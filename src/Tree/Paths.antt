-- ===== src/Tree/Paths.antt =====
-- The path of a node leads to it.
use ex_os.Base.{
  ℕ, zero, suc, ◌≤◌, ◌<◌, ◌≡◌, ◌≢◌, ◌∙◌, refl, sym, ap, inl, inr, true, false, Option, none, some,
  List, [], ◌∷◌, ◌++◌, append-nil, arith, ◌==◌, Bool-cases, length, length-append,
}
use ex_os.LinkedList.Links.{All}
use ex_os.Thread.Ready.{occurs}
use ex_os.Tree.{
  root, find_group, keep_group, Tree, name_end, name_eq, find_child, next_child, walk, start,
  parse_path,
}

abbrev pub HasNoSlash : List ℕ → Type 0
HasNoSlash = All (λ c. c ≢ b'/')

name_eq_self : (a tail : List ℕ) → name_eq (a ++ tail) a ≡ name_end tail
unfolding name_eq
name_eq_self [] tail = refl
name_eq_self (c ∷ a) tail =
    let same : (c == c) ≡ true = ground arith in rw same (name_eq_self a tail)

name_eq_other :
    (a b tail rest : List ℕ)
    → HasNoSlash a
    → HasNoSlash b
    → name_end tail ≡ some rest
    → a ≢ b
    → name_eq (a ++ tail) b ≡ none
unfolding name_eq name_end
name_eq_other [] [] tail rest p q e ne = absurd (ne refl)
name_eq_other [] (d ∷ b) [] rest p q e ne = refl
name_eq_other [] (d ∷ b) (c ∷ tail) rest p (q, qs) e ne = elim (Bool-cases (c == b'/')) [
  | inl h ↦ let other : (d == c) ≡ false = ground arith in rw other refl
  | inr h ↦ absurd (let f = rw h at e in grind (arith, f))
]
name_eq_other (c ∷ a) [] tail rest (p, ps) q e ne = ground arith
name_eq_other (c ∷ a) (d ∷ b) tail rest (p, ps) (q, qs) e ne = elim (Bool-cases (d == c)) [
  | inl h ↦
      let same : c ≡ d = ground arith in
      rw h
        (name_eq_other a b tail rest ps qs e (λ eq. ne (ap (λ l. c ∷ l) eq ∙ ap (λ x. x ∷ b) same)))
  | inr h ↦ rw h refl
]

-- The child of a name is found, if its siblings have other names.
find_child_lem :
    (names : ℕ → List ℕ) (c : ℕ) (tail rest : List ℕ) (cs : List ℕ)
    → HasNoSlash (names c)
    → name_end tail ≡ some rest
    → occurs c cs ≢ 0
    → All (λ x. HasNoSlash (names x) × (names c ≡ names x → c ≡ x)) cs
    → find_child names (names c ++ tail) cs ≡ some (c, rest)
unfolding find_child occurs
find_child_lem names c tail rest [] p e o only = absurd (o refl)
find_child_lem names c tail rest (x ∷ xs) p e o ((q, one), only) = elim (Bool-cases (x == c)) [
  | inl h ↦
      let same : c ≡ x = ground arith in
      let found : name_eq (names c ++ tail) (names x) ≡ some rest =
        ap (λ y. name_eq (names c ++ tail) (names y)) (sym same)
        ∙ name_eq_self (names c) tail
        ∙ e in
      rw (found, find_child) (ap (λ y. some (y, rest)) (sym same))
  | inr h ↦
      let other : name_eq (names c ++ tail) (names x) ≡ none =
        name_eq_other (names c) (names x) tail rest p q e (λ s. let f = one s in ground arith) in
      rw (other, find_child)
        (find_child_lem names c tail rest xs p e (λ z. o (ground (arith, z))) only)
]

-- Each node of the list is a child of the one before it, the first one of `g`: it has a name, and no
-- sibling has the same one.
unfoldable pub IsChain : Tree → ℕ → List ℕ → Type 0
IsChain t g [] = Unit
IsChain t g (c ∷ cs) =
    (t.is_group g ≡ true)
    × (occurs c (t.children g) ≢ 0)
    × HasNoSlash (t.names c)
    × (0 < length (t.names c))
    × All (λ x. HasNoSlash (t.names x) × (t.names c ≡ t.names x → c ≡ x)) (t.children g)
    × IsChain t c cs

-- The names of the nodes, with slashes in between.
unfoldable pub path_text : Tree → List ℕ → List ℕ
path_text t [] = []
path_text t (c ∷ []) = t.names c
path_text t (c ∷ d ∷ cs) = t.names c ++ (b'/' ∷ path_text t (d ∷ cs))

abbrev pub last_of : ℕ → List ℕ → ℕ
last_of g [] = g
last_of g (c ∷ cs) = last_of c cs

walk_step :
    (fuel : ℕ) (t : Tree) (g : ℕ) (path : List ℕ) (c : ℕ) (rest : List ℕ)
    → 0 < length path
    → t.is_group g ≡ true
    → find_child t.names path (t.children g) ≡ some (c, rest)
    → walk (suc fuel) t g path ≡ walk fuel t c rest
unfolding walk
walk_step fuel t g [] c rest some_path group found = absurd (omega arith)
walk_step fuel t g (x ∷ path) c rest some_path group found = rw (group, found, walk) refl

walk-path_text :
    (fuel : ℕ) (t : Tree) (g : ℕ) (cs : List ℕ)
    → IsChain t g cs
    → length (path_text t cs) ≤ fuel
    → walk fuel t g (path_text t cs) ≡ some (last_of g cs, [])
unfolding walk path_text IsChain name_end
walk-path_text fuel t g [] chain enough = refl
walk-path_text zero t g (c ∷ []) (_, _, _, size, _, _) enough = absurd (omega arith)
walk-path_text zero t g (c ∷ d ∷ cs) (_, _, _, size, _, _) enough =
    absurd (omega (arith, length-append (t.names c) (b'/' ∷ path_text t (d ∷ cs))))
walk-path_text (suc fuel) t g (c ∷ []) (group, child, clean, size, only, _) enough =
    let found = find_child_lem t.names c [] [] (t.children g) clean refl child only in
    walk_step fuel t g (t.names c) c [] size group (rw (append-nil (t.names c)) at found)
walk-path_text (suc fuel) t g (c ∷ d ∷ cs) (group, child, clean, size, only, chain) enough =
    let rest = path_text t (d ∷ cs) in
    let total = length-append (t.names c) (b'/' ∷ rest) in
    let found = find_child_lem t.names c (b'/' ∷ rest) rest (t.children g) clean refl child only in
    walk_step fuel t g (t.names c ++ (b'/' ∷ rest)) c rest (omega (arith, total)) group found
    ∙ walk-path_text fuel t c (d ∷ cs) chain (omega (arith, total))

-- `exos_tree_parse_path` of a slash and the names of a chain of nodes from the root on, with slashes in
-- between, gives the last of the nodes and leaves nothing of the path.
pub parse_path-path_text :
    (t : Tree) (parent : Option ℕ) (cs : List ℕ)
    → IsChain t root cs
    → parse_path t parent (b'/' ∷ path_text t cs) ≡ some (last_of root cs, [])
unfolding parse_path start
parse_path-path_text t parent cs chain =
    walk-path_text (length (path_text t cs)) t root cs chain (omega arith)

-- The names of the nodes, each with a slash, and what follows.
unfoldable pub path_before : Tree → List ℕ → List ℕ → List ℕ
path_before t [] rest = rest
path_before t (c ∷ cs) rest = t.names c ++ (b'/' ∷ path_before t cs rest)

walk-path_before :
    (fuel : ℕ) (t : Tree) (g : ℕ) (cs rest : List ℕ)
    → IsChain t g cs
    → length (path_before t cs rest) ≤ fuel
    → (left : ℕ) × (length rest ≤ left)
      × (walk fuel t g (path_before t cs rest) ≡ walk left t (last_of g cs) rest)
unfolding path_before IsChain name_end
walk-path_before fuel t g [] rest chain enough = (fuel, enough, refl)
walk-path_before zero t g (c ∷ cs) rest chain enough =
    absurd (omega (arith, length-append (t.names c) (b'/' ∷ path_before t cs rest)))
walk-path_before (suc fuel) t g (c ∷ cs) rest (group, child, clean, size, only, chain) enough =
    let text = path_before t cs rest in
    let total = length-append (t.names c) (b'/' ∷ text) in
    let found = find_child_lem t.names c (b'/' ∷ text) text (t.children g) clean refl child only in
    let (left, enough', walked) = walk-path_before fuel t c cs rest chain (omega (arith, total)) in
    (
      left,
      enough',
      walk_step fuel t g (t.names c ++ (b'/' ∷ text)) c text (omega (arith, total)) group found
          ∙ walked,
    )

walk_stops :
    (fuel : ℕ) (t : Tree) (g x : ℕ) (xs : List ℕ)
    → next_child t g (x ∷ xs) ≡ none
    → 0 < fuel
    → walk fuel t g (x ∷ xs) ≡ some (g, x ∷ xs)
unfolding walk
walk_stops zero t g x xs stop some_fuel = absurd (omega arith)
walk_stops (suc fuel) t g x xs stop some_fuel = rw (stop, walk) refl

-- `exos_tree_find_group` of a path that leads to a group and goes on with a name that none of its
-- children has gives that group, and not NULL.
pub find_group_missing :
    (t : Tree) (parent : Option ℕ) (cs : List ℕ) (x : ℕ) (xs : List ℕ)
    → IsChain t root cs
    → t.is_group (last_of root cs) ≡ true
    → find_child t.names (x ∷ xs) (t.children (last_of root cs)) ≡ none
    → find_group t parent (some (b'/' ∷ path_before t cs (x ∷ xs))) ≡ some (last_of root cs)
unfolding find_group parse_path start
find_group_missing t parent cs x xs chain group missing =
    let text = path_before t cs (x ∷ xs) in
    let (left, enough, walked) =
      walk-path_before (length text) t root cs (x ∷ xs) chain (omega arith) in
    let stop : next_child t (last_of root cs) (x ∷ xs) ≡ none = rw group missing in
    ap (keep_group t) (walked ∙ walk_stops left t (last_of root cs) x xs stop (omega arith))
    ∙ rw group refl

━━━━━━━━━━━━━━━━━━━━━━━━━━━━━━

What to work on
Go through the listing above and return every line where the word "total" occurs.

Finished task
    let total = length-append (t.names c) (b'/' ∷ rest) in
    walk_step fuel t g (t.names c ++ (b'/' ∷ rest)) c rest (omega (arith, total)) group found
    ∙ walk-path_text fuel t c (d ∷ cs) chain (omega (arith, total))
    let total = length-append (t.names c) (b'/' ∷ text) in
    let (left, enough', walked) = walk-path_before fuel t c cs rest chain (omega (arith, total)) in
      walk_step fuel t g (t.names c ++ (b'/' ∷ text)) c text (omega (arith, total)) group found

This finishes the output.